Stored items:
╭──
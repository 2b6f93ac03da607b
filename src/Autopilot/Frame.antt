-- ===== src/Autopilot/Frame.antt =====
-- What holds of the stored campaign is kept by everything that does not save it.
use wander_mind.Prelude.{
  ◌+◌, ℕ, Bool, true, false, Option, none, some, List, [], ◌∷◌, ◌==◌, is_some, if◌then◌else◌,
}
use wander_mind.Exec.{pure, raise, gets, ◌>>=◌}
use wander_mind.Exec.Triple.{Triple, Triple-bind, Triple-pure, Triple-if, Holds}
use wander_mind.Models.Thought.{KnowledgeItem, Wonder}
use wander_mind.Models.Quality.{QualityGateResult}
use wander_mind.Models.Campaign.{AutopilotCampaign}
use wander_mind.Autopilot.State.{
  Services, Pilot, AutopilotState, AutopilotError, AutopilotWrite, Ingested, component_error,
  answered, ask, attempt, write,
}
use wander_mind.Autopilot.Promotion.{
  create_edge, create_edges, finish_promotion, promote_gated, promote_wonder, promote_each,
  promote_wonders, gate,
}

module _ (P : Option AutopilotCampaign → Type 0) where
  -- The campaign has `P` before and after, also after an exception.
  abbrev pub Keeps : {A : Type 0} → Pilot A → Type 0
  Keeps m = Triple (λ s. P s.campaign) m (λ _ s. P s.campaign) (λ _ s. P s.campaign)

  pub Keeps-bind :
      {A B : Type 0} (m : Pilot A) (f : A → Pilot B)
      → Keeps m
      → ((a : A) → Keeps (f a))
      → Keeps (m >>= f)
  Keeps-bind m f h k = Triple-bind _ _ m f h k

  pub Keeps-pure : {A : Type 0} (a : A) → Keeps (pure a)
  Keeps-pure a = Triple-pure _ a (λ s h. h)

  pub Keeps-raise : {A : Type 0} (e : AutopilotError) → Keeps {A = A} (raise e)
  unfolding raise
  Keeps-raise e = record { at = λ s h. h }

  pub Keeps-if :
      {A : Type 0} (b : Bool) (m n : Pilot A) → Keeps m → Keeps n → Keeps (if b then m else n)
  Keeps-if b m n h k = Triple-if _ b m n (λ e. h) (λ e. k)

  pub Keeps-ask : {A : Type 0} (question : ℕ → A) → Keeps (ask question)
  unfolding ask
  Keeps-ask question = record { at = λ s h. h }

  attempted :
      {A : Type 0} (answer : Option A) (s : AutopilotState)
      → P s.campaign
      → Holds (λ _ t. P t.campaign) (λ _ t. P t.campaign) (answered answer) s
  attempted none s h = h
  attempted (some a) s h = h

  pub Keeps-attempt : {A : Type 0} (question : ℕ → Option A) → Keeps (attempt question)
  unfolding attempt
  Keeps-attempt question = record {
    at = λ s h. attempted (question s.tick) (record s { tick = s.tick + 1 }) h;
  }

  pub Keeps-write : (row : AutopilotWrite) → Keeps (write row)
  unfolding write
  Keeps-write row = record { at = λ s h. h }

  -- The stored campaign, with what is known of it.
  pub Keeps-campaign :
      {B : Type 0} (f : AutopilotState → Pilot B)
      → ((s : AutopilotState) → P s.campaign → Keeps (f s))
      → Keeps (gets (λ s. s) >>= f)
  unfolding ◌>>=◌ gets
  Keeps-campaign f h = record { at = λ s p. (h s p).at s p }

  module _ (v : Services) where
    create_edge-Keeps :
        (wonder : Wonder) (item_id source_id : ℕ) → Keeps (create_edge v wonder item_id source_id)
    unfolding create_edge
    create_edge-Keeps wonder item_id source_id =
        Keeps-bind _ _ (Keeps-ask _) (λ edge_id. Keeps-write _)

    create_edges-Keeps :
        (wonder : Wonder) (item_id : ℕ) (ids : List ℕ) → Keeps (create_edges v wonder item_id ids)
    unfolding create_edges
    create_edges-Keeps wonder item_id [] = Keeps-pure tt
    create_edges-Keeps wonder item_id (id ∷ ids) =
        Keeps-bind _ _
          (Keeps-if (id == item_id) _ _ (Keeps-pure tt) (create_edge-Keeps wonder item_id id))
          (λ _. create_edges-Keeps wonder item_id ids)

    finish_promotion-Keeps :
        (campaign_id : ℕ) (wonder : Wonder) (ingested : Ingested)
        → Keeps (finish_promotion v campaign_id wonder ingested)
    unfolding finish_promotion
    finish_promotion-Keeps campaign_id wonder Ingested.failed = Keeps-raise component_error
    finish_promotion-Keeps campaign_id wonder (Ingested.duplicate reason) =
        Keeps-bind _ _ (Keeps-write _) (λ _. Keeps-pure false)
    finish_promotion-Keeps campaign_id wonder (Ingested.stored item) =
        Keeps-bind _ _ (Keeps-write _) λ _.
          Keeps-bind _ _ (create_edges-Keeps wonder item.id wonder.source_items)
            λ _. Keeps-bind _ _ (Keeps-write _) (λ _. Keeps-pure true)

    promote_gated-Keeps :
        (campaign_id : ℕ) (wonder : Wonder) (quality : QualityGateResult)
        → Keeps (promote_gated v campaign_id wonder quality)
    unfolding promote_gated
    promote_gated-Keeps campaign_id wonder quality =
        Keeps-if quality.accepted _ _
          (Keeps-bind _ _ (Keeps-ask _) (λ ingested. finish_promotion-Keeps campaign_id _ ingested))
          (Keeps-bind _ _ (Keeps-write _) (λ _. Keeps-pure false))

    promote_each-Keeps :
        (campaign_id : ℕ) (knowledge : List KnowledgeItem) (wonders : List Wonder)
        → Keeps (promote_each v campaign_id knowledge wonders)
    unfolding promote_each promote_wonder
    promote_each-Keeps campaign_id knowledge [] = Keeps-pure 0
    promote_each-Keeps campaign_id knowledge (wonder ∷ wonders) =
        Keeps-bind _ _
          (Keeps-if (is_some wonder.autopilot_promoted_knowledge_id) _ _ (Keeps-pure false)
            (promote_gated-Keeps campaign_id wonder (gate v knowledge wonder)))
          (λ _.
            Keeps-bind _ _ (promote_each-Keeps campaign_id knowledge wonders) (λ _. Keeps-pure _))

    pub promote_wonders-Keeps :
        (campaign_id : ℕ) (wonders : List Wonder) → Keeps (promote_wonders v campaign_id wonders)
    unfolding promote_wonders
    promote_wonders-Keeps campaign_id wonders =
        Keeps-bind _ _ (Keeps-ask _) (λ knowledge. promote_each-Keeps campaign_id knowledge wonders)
╰──
EXERCISE AIM: Reprint every entry exactly.

ANSWER AREA:
repository 2b6f93ac03da607b
filename src/Autopilot/Frame.antt
-- ===== src/Autopilot/Frame.antt =====
-- What holds of the stored campaign is kept by everything that does not save it.
use wander_mind.Prelude.{
  ◌+◌, ℕ, Bool, true, false, Option, none, some, List, [], ◌∷◌, ◌==◌, is_some, if◌then◌else◌,
}
use wander_mind.Exec.{pure, raise, gets, ◌>>=◌}
use wander_mind.Exec.Triple.{Triple, Triple-bind, Triple-pure, Triple-if, Holds}
use wander_mind.Models.Thought.{KnowledgeItem, Wonder}
use wander_mind.Models.Quality.{QualityGateResult}
use wander_mind.Models.Campaign.{AutopilotCampaign}
use wander_mind.Autopilot.State.{
  Services, Pilot, AutopilotState, AutopilotError, AutopilotWrite, Ingested, component_error,
  answered, ask, attempt, write,
}
use wander_mind.Autopilot.Promotion.{
  create_edge, create_edges, finish_promotion, promote_gated, promote_wonder, promote_each,
  promote_wonders, gate,
}

module _ (P : Option AutopilotCampaign → Type 0) where
  -- The campaign has `P` before and after, also after an exception.
  abbrev pub Keeps : {A : Type 0} → Pilot A → Type 0
  Keeps m = Triple (λ s. P s.campaign) m (λ _ s. P s.campaign) (λ _ s. P s.campaign)

  pub Keeps-bind :
      {A B : Type 0} (m : Pilot A) (f : A → Pilot B)
      → Keeps m
      → ((a : A) → Keeps (f a))
      → Keeps (m >>= f)
  Keeps-bind m f h k = Triple-bind _ _ m f h k

  pub Keeps-pure : {A : Type 0} (a : A) → Keeps (pure a)
  Keeps-pure a = Triple-pure _ a (λ s h. h)

  pub Keeps-raise : {A : Type 0} (e : AutopilotError) → Keeps {A = A} (raise e)
  unfolding raise
  Keeps-raise e = record { at = λ s h. h }

  pub Keeps-if :
      {A : Type 0} (b : Bool) (m n : Pilot A) → Keeps m → Keeps n → Keeps (if b then m else n)
  Keeps-if b m n h k = Triple-if _ b m n (λ e. h) (λ e. k)

  pub Keeps-ask : {A : Type 0} (question : ℕ → A) → Keeps (ask question)
  unfolding ask
  Keeps-ask question = record { at = λ s h. h }

  attempted :
      {A : Type 0} (answer : Option A) (s : AutopilotState)
      → P s.campaign
      → Holds (λ _ t. P t.campaign) (λ _ t. P t.campaign) (answered answer) s
  attempted none s h = h
  attempted (some a) s h = h

  pub Keeps-attempt : {A : Type 0} (question : ℕ → Option A) → Keeps (attempt question)
  unfolding attempt
  Keeps-attempt question = record {
    at = λ s h. attempted (question s.tick) (record s { tick = s.tick + 1 }) h;
  }

  pub Keeps-write : (row : AutopilotWrite) → Keeps (write row)
  unfolding write
  Keeps-write row = record { at = λ s h. h }

  -- The stored campaign, with what is known of it.
  pub Keeps-campaign :
      {B : Type 0} (f : AutopilotState → Pilot B)
      → ((s : AutopilotState) → P s.campaign → Keeps (f s))
      → Keeps (gets (λ s. s) >>= f)
  unfolding ◌>>=◌ gets
  Keeps-campaign f h = record { at = λ s p. (h s p).at s p }

  module _ (v : Services) where
    create_edge-Keeps :
        (wonder : Wonder) (item_id source_id : ℕ) → Keeps (create_edge v wonder item_id source_id)
    unfolding create_edge
    create_edge-Keeps wonder item_id source_id =
        Keeps-bind _ _ (Keeps-ask _) (λ edge_id. Keeps-write _)

    create_edges-Keeps :
        (wonder : Wonder) (item_id : ℕ) (ids : List ℕ) → Keeps (create_edges v wonder item_id ids)
    unfolding create_edges
    create_edges-Keeps wonder item_id [] = Keeps-pure tt
    create_edges-Keeps wonder item_id (id ∷ ids) =
        Keeps-bind _ _
          (Keeps-if (id == item_id) _ _ (Keeps-pure tt) (create_edge-Keeps wonder item_id id))
          (λ _. create_edges-Keeps wonder item_id ids)

    finish_promotion-Keeps :
        (campaign_id : ℕ) (wonder : Wonder) (ingested : Ingested)
        → Keeps (finish_promotion v campaign_id wonder ingested)
    unfolding finish_promotion
    finish_promotion-Keeps campaign_id wonder Ingested.failed = Keeps-raise component_error
    finish_promotion-Keeps campaign_id wonder (Ingested.duplicate reason) =
        Keeps-bind _ _ (Keeps-write _) (λ _. Keeps-pure false)
    finish_promotion-Keeps campaign_id wonder (Ingested.stored item) =
        Keeps-bind _ _ (Keeps-write _) λ _.
          Keeps-bind _ _ (create_edges-Keeps wonder item.id wonder.source_items)
            λ _. Keeps-bind _ _ (Keeps-write _) (λ _. Keeps-pure true)

    promote_gated-Keeps :
        (campaign_id : ℕ) (wonder : Wonder) (quality : QualityGateResult)
        → Keeps (promote_gated v campaign_id wonder quality)
    unfolding promote_gated
    promote_gated-Keeps campaign_id wonder quality =
        Keeps-if quality.accepted _ _
          (Keeps-bind _ _ (Keeps-ask _) (λ ingested. finish_promotion-Keeps campaign_id _ ingested))
          (Keeps-bind _ _ (Keeps-write _) (λ _. Keeps-pure false))

    promote_each-Keeps :
        (campaign_id : ℕ) (knowledge : List KnowledgeItem) (wonders : List Wonder)
        → Keeps (promote_each v campaign_id knowledge wonders)
    unfolding promote_each promote_wonder
    promote_each-Keeps campaign_id knowledge [] = Keeps-pure 0
    promote_each-Keeps campaign_id knowledge (wonder ∷ wonders) =
        Keeps-bind _ _
          (Keeps-if (is_some wonder.autopilot_promoted_knowledge_id) _ _ (Keeps-pure false)
            (promote_gated-Keeps campaign_id wonder (gate v knowledge wonder)))
          (λ _.
            Keeps-bind _ _ (promote_each-Keeps campaign_id knowledge wonders) (λ _. Keeps-pure _))

    pub promote_wonders-Keeps :
        (campaign_id : ℕ) (wonders : List Wonder) → Keeps (promote_wonders v campaign_id wonders)
    unfolding promote_wonders
    promote_wonders-Keeps campaign_id wonders =
        Keeps-bind _ _ (Keeps-ask _) (λ knowledge. promote_each-Keeps campaign_id knowledge wonders)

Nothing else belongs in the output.